Task directions: Below are the entries to work from; restate word for word the portion that opens with the line containing "pub after_tree : String" and closes with the line containing "applies_clean patch (some", keeping both.

Saved data entries:
★ ★ ★ ★ ★

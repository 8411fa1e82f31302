-- ===== src/ChangeSets/Machine/Commits.antt =====
-- `commit` of app/services/change_set_store.py follows the machine.
use test_gpt_local.ChangeSets.Commit.{text_is}
use test_gpt_local.Prelude.{
  ℕ, ◌≡◌, refl, sym, ap, subst, ◌∙◌, String, Bool, ◌&&◌, List, Option, none, some, inl, inr,
  Bool-cases,
}
use test_gpt_local.Prelude.Result.{Result, ok, err}
use test_gpt_local.ChangeSets.State.{
  Status, opened, validated, committing, committed, ErrorCode, Phase, commit_intent,
  phase_rolled_back, phase_recovery_required, Files, FileRow, Operation, ChangeSet, Saved,
  Directory, worktree, Local, Tools, not_validated, invalid_state,
}
use test_gpt_local.ChangeSets.Commit.{
  Outcome, journal, give_up, close_undone, proven, undo_from, undo, run_patch, run_commit, ready,
  run_ready, replay, commit,
}
use test_gpt_local.ChangeSets.Commit.Captured.{
  captured, and_then-captured, journal-captured, on_worktree-captured, attempt-captured,
}
use test_gpt_local.ChangeSets.Commit.Atomic.{
  CommitEnds, replayed, refused, done, undone, in_doubt, interrupted, commit-CommitEnds,
}
use test_gpt_local.ChangeSets.Machine.{
  ◌⟶*◌, here, step, start, complete, undo as undo_edge, doubt, Follows,
}

abbrev pub Identity : Type 0
Identity = String × String × ℕ × List Operation × List FileRow × Option String × Option String

-- The workspace, the captured tree and the content of a change set.
abbrev pub identity : Local → Identity
identity l = (
  l.row.workspace_id, l.row.before_tree, l.row.revision, l.row.operations, l.row.files,
  l.row.validated_digest, l.row.after_tree,
)

from_captured : (l l' : Local) → captured l' ≡ captured l → identity l' ≡ identity l
from_captured l l' e = ap (λ x. (x.0, x.1, x.3, x.4, x.5, x.6, x.7)) e

abbrev snd : Outcome Unit → Local
snd (r, l) = l

ends : {s s' t t' : Status} → s ≡ s' → t ≡ t' → s' ⟶* t' → s ⟶* t
ends {s} {s'} {t} {t'} a b p = subst (λ x. x ⟶* t) (sym a) (subst (λ x. s' ⟶* x) (sym b) p)

module _ (tools : Tools) (writable : Phase → Bool) (now : ℕ) where
  give_up-captured : (l : Local) → captured (give_up tools writable now l).1 ≡ captured l
  unfolding give_up
  give_up-captured l =
      and_then-captured (journal writable now phase_recovery_required _) _ l
        (journal-captured writable now phase_recovery_required _) (λ l1. refl)

  close_undone-captured :
      (e : ErrorCode) (l : Local) → captured (close_undone tools writable now e l).1 ≡ captured l
  unfolding close_undone
  close_undone-captured e l =
      and_then-captured (journal writable now phase_rolled_back _) _ l
        (journal-captured writable now phase_rolled_back _) (λ l1. refl)

  proven-captured :
      (e : ErrorCode) (b : Bool) (u : Files) (l : Local)
      → captured (proven tools writable now e b u l).1 ≡ captured l
  unfolding proven
  proven-captured e b u l =
      let l1 : Local = record l { checkout = worktree u } in
      elim (Bool-cases (b && text_is (tools.worktree_tree u) l.row.before_tree)) [
        | inl h ↦ rw h (close_undone-captured e l1)
        | inr h ↦ rw h (give_up-captured l1)
      ]

  undo_from-captured :
      (e : ErrorCode) (o : Option (List Saved)) (l : Local)
      → captured (undo_from tools writable now e o l).1 ≡ captured l
  unfolding undo_from
  undo_from-captured e none l = give_up-captured l
  undo_from-captured e (some snapshot) l =
      on_worktree-captured tools l.checkout _ _ l (give_up-captured l)
        (λ t. proven-captured e _ _ l)

  undo-captured : (o : Outcome Unit) → captured (undo tools writable now o).1 ≡ captured o.1
  unfolding undo
  undo-captured (ok u, l) = refl
  undo-captured (err e, l) = undo_from-captured e l.directory.rollback l

  run_patch-captured :
      (after : String) (o : Option String) (l : Local)
      → captured (run_patch tools writable now after o l).1 ≡ captured l
  unfolding run_patch
  run_patch-captured after none l = refl
  run_patch-captured after (some patch) l =
      undo-captured _ ∙ attempt-captured tools writable now patch after l

  run_commit-identity :
      (after : String) (snapshot : List Saved) (l : Local)
      → identity (run_commit tools writable now after snapshot l).1 ≡ identity l
  unfolding run_commit
  run_commit-identity after snapshot l =
      let l1 : Local = record l {
        row = (let r : ChangeSet = record l.row { status = committing; updated_at = now } in r);
        directory = (let d : Directory = record l.directory { rollback = some snapshot } in d);
      } in
      from_captured l1 (run_commit tools writable now after snapshot l).1 (
        and_then-captured (journal writable now commit_intent l1) _ l1
          (journal-captured writable now commit_intent l1)
          (λ l2. run_patch-captured after l2.directory.final_patch l2))

  run_ready-identity :
      (l : Local) (r : Result ErrorCode (String × List Saved))
      → identity (run_ready tools writable now l r).1 ≡ identity l
  run_ready-identity l (err e) = refl
  run_ready-identity l (ok (after, snapshot)) = run_commit-identity after snapshot l

  pub commit-identity :
      (digest : String) (expected : Option String) (l : Local)
      → identity (commit tools writable digest expected now l).1 ≡ identity l
  unfolding commit
  commit-identity digest expected l = by_status l.row.status
    where
      by_status :
          (s : Status)
          → identity (
              snd (elim s [
                | committed ↦ replay tools digest l
                | validated ↦ run_ready tools writable now l (ready tools digest expected l)
                | opened ↦ (err not_validated, l)
                | _ ↦ (err invalid_state, l)
              ]))
            ≡ identity l
      by_status validated = run_ready-identity l _
      by_status _ = refl

  CommitEnds-path :
      {digest : String} {l : Local} {o : Outcome Unit}
      → CommitEnds tools digest l o
      → l.row.status ⟶* o.1.row.status
  CommitEnds-path (replayed e) = here
  CommitEnds-path (refused e) = here
  CommitEnds-path (done s e t r) = ends s.was_validated e (step start (step complete here))
  CommitEnds-path (undone s e t) = ends s.was_validated e (step start (step undo_edge here))
  CommitEnds-path (in_doubt s e) = ends s.was_validated e (step start (step doubt here))
  CommitEnds-path (interrupted s e c) = ends s.was_validated e (step start here)

  pub commit-Follows :
      (digest : String) (expected : Option String) (l : Local)
      → Follows l.row (commit tools writable digest expected now l).1.row
  commit-Follows digest expected l =
      let same = commit-identity digest expected l in
      record {
        same_workspace = ap (λ x. x.0) same;
        same_base = ap (λ x. x.1) same;
        path = CommitEnds-path (commit-CommitEnds tools writable now digest expected l);
      }
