-- ===== src/ChangeSets/Staging.antt =====
-- `_stage` of app/services/change_set_store.py: an edit of the staged files, which is kept as an
-- operation or undone. The edit itself is a parameter, and so is the operation's id.
pub mod Ends
pub mod Numbers
use test_gpt_local.Prelude.{
  ℕ, ◌+◌, String, Bool, true, false, ◌&&◌, ◌||◌, not, List, [], ◌∷◌, ◌++◌, if◌then◌else◌, leb, ltb,
  max, length, Option, none, some,
}
use test_gpt_local.Prelude.Text.{◌==◌}
use test_gpt_local.Prelude.Result.{Result, ok, err, raise_if, ◌>>=◌, ◌>>◌}
use test_gpt_local.ChangeSets.State.{
  Status, opened, validated, ErrorCode, idempotency_conflict, limit_exceeded, validation_failed,
  internal_error, Files, FileRow, Staged, Operation, ChangeSet, Directory, Local, Tools, Config,
}
use test_gpt_local.ChangeSets.Files.{directory_size, manifest}
use test_gpt_local.ChangeSets.Commit.{Outcome, and_then, tree_or_error}
use test_gpt_local.ChangeSets.Lifecycle.{active}

unfoldable pub find_operation : String → List Operation → Option Operation
find_operation operation_id [] = none
find_operation operation_id (o ∷ os) =
    if o.operation_id == operation_id then some o else find_operation operation_id os

-- `COALESCE(MAX(ordinal), 0) + 1`
unfoldable pub next_ordinal : List Operation → ℕ
next_ordinal [] = 1
next_ordinal (o ∷ os) = max (o.ordinal + 1) (next_ordinal os)

abbrev pub is_validated : Status → Bool
is_validated validated = true
is_validated _ = false

module _ (tools : Tools) (sorted : List String → List String) (config : Config) where
  abbrev pub manifest_or_error : Option (List FileRow) → Result ErrorCode (List FileRow)
  manifest_or_error none = err validation_failed
  manifest_or_error (some files) = ok files

  -- The checks after the edit: the size of the staged files, the tree, and its changed files.
  unfoldable pub inspect : Local → Files → Result ErrorCode (ℕ × String × List FileRow)
  unfolding directory_size manifest
  inspect l staging = do
    let size = directory_size tools staging
    raise_if (ltb config.max_staging_bytes size) limit_exceeded
    tree_or_error tools l.checkout
    let after_tree = tools.staged_tree l.row.before_tree staging
    files ← manifest_or_error (manifest tools sorted l.row.before_tree after_tree)
    raise_if (ltb config.max_changed_files (length files)) limit_exceeded
    ok (size, after_tree, files)

  abbrev pub staged_of :
      (operation_type operation_id input_sha256 : String)
      → Local
      → ℕ × String × List FileRow
      → Staged
  staged_of operation_type operation_id input_sha256 l (size, after_tree, files) = record {
    operation_id = operation_id;
    ordinal = next_ordinal l.row.operations;
    operation_type = operation_type;
    revision = l.row.revision + 1;
    changed_files = files;
    digest =
        tools.joined_sha256
          (l.row.before_tree ∷ after_tree ∷ input_sha256 ∷ tools.decimal (l.row.revision + 1) ∷ []);
    validation_invalidated = is_validated l.row.status;
    staging_bytes = size;
  }

  -- The transaction of a staged operation.
  abbrev pub store_operation :
      (payload input_sha256 : String) → (now : ℕ) → Files → Staged → Local → Local
  store_operation payload input_sha256 now staging result l = record l {
    row =
        (let r : ChangeSet = record l.row {
          status = opened;
          revision = l.row.revision + 1;
          staged_digest = some result.digest;
          validated_digest = none;
          after_tree = none;
          validated_at = none;
          updated_at = now;
          error_code = none;
          operations =
              l.row.operations
              ++ record {
                operation_id = result.operation_id;
                ordinal = result.ordinal;
                operation_type = result.operation_type;
                input_sha256 = input_sha256;
                payload = some payload;
                created_at = now;
                result = result;
              }
                ∷ [];
          files = result.changed_files;
        } in
          r);
    directory = (let d : Directory = record l.directory { staging = some staging } in d);
  }

  module _ (operation_type payload operation_id : String) (now : ℕ) where
    abbrev input_sha : String
    input_sha = tools.payload_hash operation_type payload

    -- The body of `try`: what the edit left is kept, or the checkpoint is put back.
    unfoldable pub close_stage :
        Local
        → (checkpoint staging : Files) → Result ErrorCode (ℕ × String × List FileRow)
        → Outcome Staged
    unfolding next_ordinal
    close_stage l checkpoint staging (ok found) =
        let result = staged_of operation_type operation_id input_sha l found in
        (ok result, store_operation payload input_sha now staging result l)
    close_stage l checkpoint staging (err e) = (
      err e,
      record l {
        directory = (let d : Directory = record l.directory { staging = some checkpoint } in d);
      },
    )

    unfoldable pub keep_or_undo :
        Local → (checkpoint : Files) → Result ErrorCode Unit × Files → Outcome Staged
    unfolding inspect close_stage
    keep_or_undo l checkpoint (edited, staging) =
        close_stage l checkpoint staging (edited >> inspect l staging)

    unfoldable pub stage_from :
        (Files → Result ErrorCode Unit × Files) → Local → Option Files → Outcome Staged
    unfolding keep_or_undo
    stage_from edit l none = (err internal_error, l)
    stage_from edit l (some staging) = keep_or_undo l staging (edit staging)

    unfoldable pub stage_new : (Files → Result ErrorCode Unit × Files) → Local → Outcome Staged
    unfolding stage_from
    stage_new edit l =
        if leb config.max_operations (length l.row.operations)
        then (err limit_exceeded, l)
        else stage_from edit l l.directory.staging

    -- `_operation_replay`, or the operation is new.
    unfoldable pub stage_or_replay :
        (Files → Result ErrorCode Unit × Files) → Local → Option Operation → Outcome Staged
    unfolding active stage_new
    stage_or_replay edit l (some o) =
        (if o.input_sha256 == input_sha then ok o.result else err idempotency_conflict, l)
    stage_or_replay edit l none = and_then (active now l) (λ l1. stage_new edit l1)

    unfoldable pub stage : (Files → Result ErrorCode Unit × Files) → Local → Outcome Staged
    unfolding find_operation stage_or_replay
    stage edit l = stage_or_replay edit l (find_operation operation_id l.row.operations)
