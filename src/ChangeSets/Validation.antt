-- ===== src/ChangeSets/Validation.antt =====
-- `validate` of app/services/change_set_store.py.
pub mod Ends
use test_gpt_local.Prelude.{
  ℕ, ◌+◌, String, Bool, true, false, ◌&&◌, ◌||◌, not, List, [], ◌∷◌, ◌++◌, if◌then◌else◌, ltb,
  length, ◌==◌ as nat_eq, Option, none, some,
}
use test_gpt_local.Prelude.Int.{ℤ, pos, eqℤ}
use test_gpt_local.Prelude.Text.{◌==◌}
use test_gpt_local.Prelude.Result.{Result, ok, err, raise_if, ◌>>=◌, ◌>>◌}
use test_gpt_local.ChangeSets.State.{
  Status, opened, validated, ErrorCode, conflict, limit_exceeded, validation_failed, Files, File,
  FileRow, ChangeType, added, modified, deleted, Operation, ChangeSet, Directory, Local, Tools,
  Config,
}
use test_gpt_local.ChangeSets.Files.{directory_size, manifest}
use test_gpt_local.ChangeSets.Commit.{Outcome, and_then, tree_or_error, hash_or_error}
use test_gpt_local.ChangeSets.Lifecycle.{active}
use test_gpt_local.ChangeSets.Staging.{manifest_or_error}

same_change_type : ChangeType → ChangeType → Bool
same_change_type added added = true
same_change_type modified modified = true
same_change_type deleted deleted = true
same_change_type _ _ = false

same_version : Option (String × ℕ) → Option (String × ℕ) → Bool
same_version none none = true
same_version (some (s, m)) (some (t, n)) = s == t && nat_eq m n
same_version _ _ = false

same_file_row : FileRow → FileRow → Bool
unfolding same_change_type same_version
same_file_row a b =
    a.path == b.path
    && same_change_type a.change_type b.change_type
    && same_version a.before b.before
    && same_version a.after b.after

-- `_assert_manifest_matches`
unfoldable pub same_manifest : List FileRow → List FileRow → Bool
unfolding same_file_row
same_manifest [] [] = true
same_manifest (a ∷ left) (b ∷ right) = same_file_row a b && same_manifest left right
same_manifest _ _ = false

unfoldable pub hashes : List Operation → List String
hashes [] = []
hashes (o ∷ os) = o.input_sha256 ∷ hashes os

-- What a validation found.
pub record Validated : Type 0 where
  pub files : List FileRow
  pub after_tree : String
  pub final_patch : String

module _ (tools : Tools) (sorted : List String → List String) (config : Config) where
  stored : Operation → Bool
  stored o = elim o.payload [
    | none ↦ false
    | some p ↦ tools.payload_hash o.operation_type p == o.input_sha256
  ]

  -- `_validate_stored_operations`
  unfoldable pub all_stored : List Operation → Bool
  unfolding stored
  all_stored [] = true
  all_stored (o ∷ os) = stored o && all_stored os

  -- Git fails where the directory is missing.
  abbrev pub staged_files : Option Files → Result ErrorCode Files
  staged_files none = err validation_failed
  staged_files (some files) = ok files

  pub applies_clean : String → Option Files → Bool
  applies_clean patch none = false
  applies_clean patch (some files) = tools.applies patch files

  -- The checks of the `try`.
  unfoldable pub inspect_all : Local → Result ErrorCode Validated
  unfolding all_stored directory_size manifest same_manifest applies_clean
  inspect_all l = do
    raise_if (not (all_stored l.row.operations)) validation_failed
    staging ← staged_files l.directory.staging
    raise_if (ltb config.max_staging_bytes (directory_size tools staging)) limit_exceeded
    let after_tree = tools.staged_tree l.row.before_tree staging
    files ←
        manifest_or_error tools sorted config (manifest tools sorted l.row.before_tree after_tree)
    raise_if (not (same_manifest l.row.files files)) validation_failed
    raise_if (ltb config.max_changed_files (length files)) limit_exceeded
    let patch = tools.diff l.row.before_tree after_tree
    raise_if (tools.is_binary patch) validation_failed
    raise_if (not (applies_clean patch (tools.archive l.row.before_tree))) validation_failed
    ok (record { files = files; after_tree = after_tree; final_patch = patch })

  validated_digest : (change_set_id : String) → Local → String → String
  unfolding hashes
  validated_digest change_set_id l after_tree = tools.joined_sha256 (
      change_set_id
        ∷ tools.decimal l.row.revision
        ∷ l.row.before_tree
        ∷ after_tree
        ∷ hashes l.row.operations
      ++ "default:v1" ∷ [])

  unfoldable pub store_validated : (change_set_id : String) → (now : ℕ) → Validated → Local → Local
  unfolding validated_digest
  store_validated change_set_id now v l = record l {
    row =
        (let r : ChangeSet = record l.row {
          status = validated;
          validated_digest = some (validated_digest change_set_id l v.after_tree);
          after_tree = some v.after_tree;
          validated_at = some now;
          updated_at = now;
          error_code = none;
          files = v.files;
        } in
          r);
    directory = (let d : Directory = record l.directory { final_patch = some v.final_patch } in d);
  }

  -- The row after a validation that failed.
  unfoldable pub reopen : (now : ℕ) → ErrorCode → Local → Local
  reopen now e l = record l {
    row =
        (let r : ChangeSet = record l.row {
          status = opened;
          validated_digest = none;
          after_tree = none;
          validated_at = none;
          updated_at = now;
          error_code = some e;
        } in
          r);
  }

  -- The checks before the `try`, which leave the row as it is.
  unfoldable pub admit :
      (expected_revision : ℤ) → (profile : String) → Local → Result ErrorCode Unit
  admit expected_revision profile l = do
    raise_if (not (eqℤ (pos l.row.revision) expected_revision)) conflict
    raise_if (not (profile == "default")) validation_failed
    tree_or_error tools l.checkout
    ok tt

  -- The tree of the worktree is read for a warning, after the digest is stored.
  abbrev pub read_for_warning : Local → Result ErrorCode Unit
  read_for_warning l = do
    tree ← tree_or_error tools l.checkout
    hash_or_error tools (tools.worktree_tree tree)
    ok tt

  unfoldable pub close_stored : (now : ℕ) → Local → Result ErrorCode Unit → Outcome Unit
  unfolding reopen
  close_stored now l (ok u) = (ok tt, l)
  close_stored now l (err e) = (err e, reopen now e l)

  unfoldable pub close_validation :
      (change_set_id : String) → (now : ℕ) → Local → Result ErrorCode Validated → Outcome Unit
  unfolding store_validated reopen close_stored
  close_validation change_set_id now l (ok v) =
      close_stored now (store_validated change_set_id now v l) (read_for_warning l)
  close_validation change_set_id now l (err e) = (err e, reopen now e l)

  unfoldable pub validate_admitted :
      (change_set_id : String) → (now : ℕ) → Local → Result ErrorCode Unit → Outcome Unit
  unfolding inspect_all close_validation
  validate_admitted change_set_id now l (err e) = (err e, l)
  validate_admitted change_set_id now l (ok u) =
      close_validation change_set_id now l (inspect_all l)

  unfoldable pub validate :
      (change_set_id : String)
      → (expected_revision : ℤ) → (profile : String) → (now : ℕ) → Local
      → Outcome Unit
  unfolding active admit validate_admitted
  validate change_set_id expected_revision profile now l =
      and_then (active now l)
        λ l1. validate_admitted change_set_id now l1 (admit expected_revision profile l1)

★ ★ ★ ★ ★

Written response:
  pub after_tree : String
  pub final_patch : String

module _ (tools : Tools) (sorted : List String → List String) (config : Config) where
  stored : Operation → Bool
  stored o = elim o.payload [
    | none ↦ false
    | some p ↦ tools.payload_hash o.operation_type p == o.input_sha256
  ]

  -- `_validate_stored_operations`
  unfoldable pub all_stored : List Operation → Bool
  unfolding stored
  all_stored [] = true
  all_stored (o ∷ os) = stored o && all_stored os

  -- Git fails where the directory is missing.
  abbrev pub staged_files : Option Files → Result ErrorCode Files
  staged_files none = err validation_failed
  staged_files (some files) = ok files

  pub applies_clean : String → Option Files → Bool
  applies_clean patch none = false
  applies_clean patch (some files) = tools.applies patch files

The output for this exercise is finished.